→ **Task**:
Please copy every line from the records below that contains the string "second".

BEGIN

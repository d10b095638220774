-- ===== src/Pipeline/Tests.antt =====
-- A chain of two nodes whose second gate never passes.
use helve.Base.{
  ℕ, ◌≡◌, refl, String, true, false, Option, none, some, [], ◌∷◌, if◌then◌else◌, ◌==◌, Text, codes,
  length,
}
use helve.Base.Dict.{get, put, remove}
use helve.Pipeline.{
  Context, Node, Chain, Checkpoint, passes, fails, answers, no_hint, hint, text_delta, raw_response,
  Asked, World, Machine, Ending, gives_up, Stage, goes_on, returned, crashed, outer,
  coerce_gate_result,
}
use helve.Pipeline.Guard.{record_failure}
use helve.Pipeline.Pause.{ends_with_user_question, rstrip, strip, without, is_budget_message}
use helve.Pipeline.Collect.{collected, streamed}
use helve.Pipeline.Loop.Parts.{remove_all, evict_outputs_at_or_after}
use helve.Pipeline.Loop.{
  run, step, finish, attempt_node, take_result, judge, check_base, check_node, escalate,
  switch_back, check_base_gates,
}
use helve.Pipeline.Settled.{scan, SettledStage, Settled}
use helve.Pipeline.Rank.Run.{Ended}
use helve.Pipeline.Outputs.Evicted.{TrackedStage, TrackedMachine}
use helve.Pipeline.Outputs.{run-Tracked}
use helve.Pipeline.Topology.{run_pipeline, is_valid_topology, fuel_for}
use helve.RunState.Store.{Store, valid_run_id, read}
use helve.Pipeline.Resume.{
  SavedCheckpoint, Request, Resumable, resumes, same_scope, resume_node_still_matches,
  resumed_machine, checkpoint_owner_still_running, apply_session_checkpoint,
  apply_session_checkpoint-Resumable,
}
use helve.Pipeline.Saved.Checkpoints.{left_by}
use helve.Pipeline.Resumed.{resumed_run-Tracked}
use helve.Pipeline.Terminates.{run_pipeline-Ended, run_pipeline-Settled}

abbrev plain : String → Node
plain name = record {
  skill_name = name;
  condition = none;
  has_allowed_tools = false;
  await_user_input_marker = [];
  infer_await_user_input_from_question = false;
}

abbrev plan_and_code : Chain
plan_and_code = record {
  nodes = plain "plan" ∷ plain "code" ∷ [];
  base_gates = 0;
  backtrack_map = ("code", "plan") ∷ [];
}

-- Each execution streams a text; the gate of "plan" passes it, that of "code" does not.
abbrev world : World
world = record {
  execute = λ (p : ℕ) (a : Asked). record {
    stream =
        raw_response (some (codes a.node.skill_name)) ∷ text_delta (codes a.node.skill_name) ∷ [];
    ends = true;
  };
  base_check =
      λ (p i : ℕ) (t : Text) (c : Context). answers true (some passes) (some []) no_hint false;
  node_check = λ (p : ℕ) (t : Text) (c : Context).
      answers false
        (if length t == 4 then (if p == 0 then some passes else some fails) else some fails)
        (some []) (hint (codes "again")) false;
  is_installed = λ (s : String). true;
  is_disabled = λ (s : String). false;
  can_scope = true;
  persists = true;
  saves = λ (p : ℕ). true;
}

abbrev begin : Machine
begin = record {
  node_idx = 0;
  backtrack_count = 0;
  serial = 0;
  context = record { outputs = []; retry_hint = none };
  committed_output_index = [];
  committed_provisional_output = [];
  fallback_reasons = [];
  attempts = [];
  checkpoint = none;
  events = [];
}

abbrev whole_run : Stage
whole_run = run world plan_and_code (fuel_for 2) (goes_on outer begin)

runs_valid : run_pipeline world plan_and_code begin ≡ some whole_run
unfolding run_pipeline is_valid_topology
runs_valid = refl

run_pipeline-Ended_example : Ended whole_run
run_pipeline-Ended_example = run_pipeline-Ended world plan_and_code begin whole_run runs_valid

nothing_streamed : Settled begin
unfolding scan
nothing_streamed = refl

run_pipeline-Settled_example : SettledStage whole_run
run_pipeline-Settled_example =
    run_pipeline-Settled world plan_and_code begin whole_run nothing_streamed runs_valid

nothing_committed : TrackedMachine plan_and_code begin
unfolding get
nothing_committed skill text e = absurd (cc)

run-Tracked_example : TrackedStage plan_and_code (run world plan_and_code 3 (goes_on outer begin))
run-Tracked_example = run-Tracked world plan_and_code 3 (goes_on outer begin) nothing_committed

abbrev ending_of : Stage → Option (Ending × ℕ)
ending_of (goes_on point m) = none
ending_of (returned ending m) = some (ending, m.serial)
ending_of (crashed m) = none

-- "plan" passes once. "code" fails, is retried and goes back to "plan", which then fails until the guard blocks.
blocked_run : ending_of whole_run ≡ some (gives_up, 7)
unfolding run step finish attempt_node take_result judge check_base check_node escalate switch_back
    check_base_gates record_failure ends_with_user_question rstrip strip without is_budget_message
    collected streamed remove_all evict_outputs_at_or_after coerce_gate_result get put remove
blocked_run = refl

abbrev after_plan : Checkpoint
after_plan = record {
  skill_chain_index = 0;
  node_skill = "plan";
  outputs = ("plan", codes "plan") ∷ [];
  awaiting_user_input = false;
  provisional_outputs = [];
}

abbrev crashed_run : SavedCheckpoint
crashed_run = record {
  run_id = "r1";
  agent_id = codes "smith";
  identity_id = codes "me";
  working_dir = codes "work";
  route_id = codes "build";
  chain_request = none;
  user_message = some (codes "go");
  checkpoint = after_plan;
}

abbrev same_request : Request
same_request = record {
  run_id = "r2";
  agent_id = codes "smith";
  identity_id = codes "me";
  working_dir = codes "work";
  route_id = codes "build";
  user_message = codes "go";
}

abbrev no_runs : Store
no_runs = record { files = []; deferred = [] }

crash_resumes :
    apply_session_checkpoint [] no_runs same_request plan_and_code (some crashed_run)
    ≡ resumes 1 after_plan
unfolding apply_session_checkpoint same_scope resume_node_still_matches
    checkpoint_owner_still_running read valid_run_id get
crash_resumes = refl

apply_session_checkpoint-Resumable_example :
    (s : SavedCheckpoint) × (some crashed_run ≡ some s)
    × Resumable [] no_runs same_request plan_and_code 1 after_plan s
apply_session_checkpoint-Resumable_example =
    apply_session_checkpoint-Resumable [] no_runs same_request plan_and_code (some crashed_run) 1
      after_plan crash_resumes

-- The chain is cut off behind "plan", in its second step.
abbrev left_behind : Checkpoint
left_behind = record after_plan { provisional_outputs = ("plan", true) ∷ [] }

cut_off : left_by (run world plan_and_code 2 (goes_on outer begin)) ≡ some left_behind
unfolding run step attempt_node take_result judge check_base check_node check_base_gates
    ends_with_user_question rstrip strip without is_budget_message collected streamed
    coerce_gate_result get put remove
cut_off = refl

plan_and_code_valid : is_valid_topology plan_and_code ≡ true
unfolding is_valid_topology
plan_and_code_valid = refl

cut_off_resumes :
    apply_session_checkpoint [] no_runs same_request plan_and_code
      (some (record crashed_run { checkpoint = left_behind }))
    ≡ resumes 1 left_behind
unfolding apply_session_checkpoint same_scope resume_node_still_matches
    checkpoint_owner_still_running read valid_run_id get
cut_off_resumes = refl

resumed_run-Tracked_example :
    TrackedStage plan_and_code
      (run world plan_and_code 4 (goes_on outer (resumed_machine plan_and_code 1 left_behind [])))
resumed_run-Tracked_example =
    resumed_run-Tracked world world plan_and_code 2 4 (goes_on outer begin) [] no_runs same_request
      (record crashed_run { checkpoint = left_behind }) 1 left_behind [] plan_and_code_valid
      nothing_committed tt cut_off refl cut_off_resumes
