-- ===== src/Policy.antt =====
-- engine/safety/tool_policy.py: the gateway that every tool call passes before it is executed.
--
-- A checker may change state when it is asked (the fact gate remembers what it has challenged), so
-- the state of all checkers is passed along, and the checkers behind a blocker are not asked.
pub mod Answers
pub mod Verdict
mod Tests
use helve.Base.{
  ℕ, Bool, true, false, not, Option, none, some, List, [], ◌∷◌, ◌++◌, ltb, if◌then◌else◌, Text,
  codes,
}
use helve.Risk.{
  RiskTier, routine, PermissionLevel, read, write, execute, destructive, weight, max_tier,
}
use helve.Approval.{ApprovalScope}

-- _LEVEL_ORDER
unfoldable pub level_order : PermissionLevel → ℕ
level_order read = 0
level_order write = 1
level_order execute = 2
level_order destructive = 3

pub record ToolPolicyDecision : Type 0 where
  pub allowed : Bool
  pub reason : Text
  pub level : PermissionLevel
  pub needs_confirmation : Bool
  pub approval_required : Bool
  pub challenged : Bool
  pub approval_scope : Option ApprovalScope
  pub risk : RiskTier

unfoldable pub observation : ToolPolicyDecision → Text
observation d =
    if d.allowed
    then []
    else if d.challenged
    then codes "[PREFLIGHT] " ++ d.reason
    else codes "[BLOCKED] " ++ d.reason

-- The fields of tool_guard.py's result that its adapter reads.
pub record GuardResult : Type 0 where
  pub allowed : Bool
  pub reason : Text
  pub level : PermissionLevel
  pub needs_confirmation : Bool
  pub approval_required : Bool
  pub approval_scope : Option ApprovalScope
  pub risk : RiskTier

unfoldable pub guard_decision : GuardResult → ToolPolicyDecision
guard_decision r = record {
  allowed = if r.approval_required then false else r.allowed;
  reason = r.reason;
  level = r.level;
  needs_confirmation = if r.approval_required then true else r.needs_confirmation;
  approval_required = r.approval_required;
  challenged = false;
  approval_scope = r.approval_scope;
  risk = r.risk;
}

abbrev pub passing : PermissionLevel → RiskTier → ToolPolicyDecision
passing level risk = record {
  allowed = true;
  reason = [];
  level = level;
  needs_confirmation = false;
  approval_required = false;
  challenged = false;
  approval_scope = none;
  risk = risk;
}

pub record FactResult : Type 0 where
  pub challenged : Bool
  pub reason : Text

unfoldable pub fact_decision : FactResult → ToolPolicyDecision
fact_decision r =
    if r.challenged
    then (record (passing read routine) { allowed = false; reason = r.reason; challenged = true })
    else passing read routine

abbrev pub is_read : PermissionLevel → Bool
is_read read = true
is_read _ = false

-- decision.level if decision.level != PermissionLevel.READ else level
abbrev pub level_or : PermissionLevel → PermissionLevel → PermissionLevel
level_or asked level = if is_read asked then level else asked

-- The decision passed on for a checker that did not allow the call, with what was seen before it.
abbrev pub blocked : PermissionLevel → RiskTier → ToolPolicyDecision → ToolPolicyDecision
blocked level risk d = record {
  allowed = false;
  reason = d.reason;
  level = level_or d.level level;
  needs_confirmation = d.needs_confirmation;
  approval_required = d.approval_required;
  challenged = d.challenged;
  approval_scope = d.approval_scope;
  risk = max_tier (some risk ∷ some d.risk ∷ []);
}

abbrev pub raise_level : PermissionLevel → PermissionLevel → PermissionLevel
raise_level asked level = if ltb (level_order level) (level_order asked) then asked else level

pub record PolicyChecker (S Call : Type 0) : Type 0 where
  pub check_policy : Call → S → ToolPolicyDecision × S
  -- `none` for a checker that has no such method.
  pub begin_round : Option (S → S)

abbrev pub finish_with : PermissionLevel → RiskTier → Option ToolPolicyDecision → ToolPolicyDecision
finish_with level risk (some deferred) = deferred
finish_with level risk none = passing level risk

module _ {S Call : Type 0} where
  -- The loop of ToolPolicy.evaluate over the checkers that are left.
  unfoldable pub evaluate_from :
      PermissionLevel
      → RiskTier
      → Option ToolPolicyDecision
      → List (PolicyChecker S Call)
      → Call
      → S
      → ToolPolicyDecision × S
  unfolding level_order weight max_tier
  evaluate_from level risk deferred [] call s = (finish_with level risk deferred, s)
  evaluate_from level risk deferred (c ∷ cs) call s =
      let (d, s') = c.check_policy call s in
      let later = evaluate_from level risk (some (blocked level risk d)) cs call s' in
      let next =
        evaluate_from (raise_level d.level level) (max_tier (some risk ∷ some d.risk ∷ [])) deferred
          cs call s' in
      if not d.allowed
      then (if d.approval_required then later else (blocked level risk d, s'))
      else next

  unfoldable pub evaluate : List (PolicyChecker S Call) → Call → S → ToolPolicyDecision × S
  unfolding evaluate_from
  evaluate = evaluate_from read routine none

  unfoldable pub begin_round_all : List (PolicyChecker S Call) → S → S
  begin_round_all [] s = s
  begin_round_all (c ∷ cs) s = begin_round_all cs (elim c.begin_round [ none ↦ s | some f ↦ f s ])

END

→ **Answer for the task**:
-- A chain of two nodes whose second gate never passes.
-- The chain is cut off behind "plan", in its second step.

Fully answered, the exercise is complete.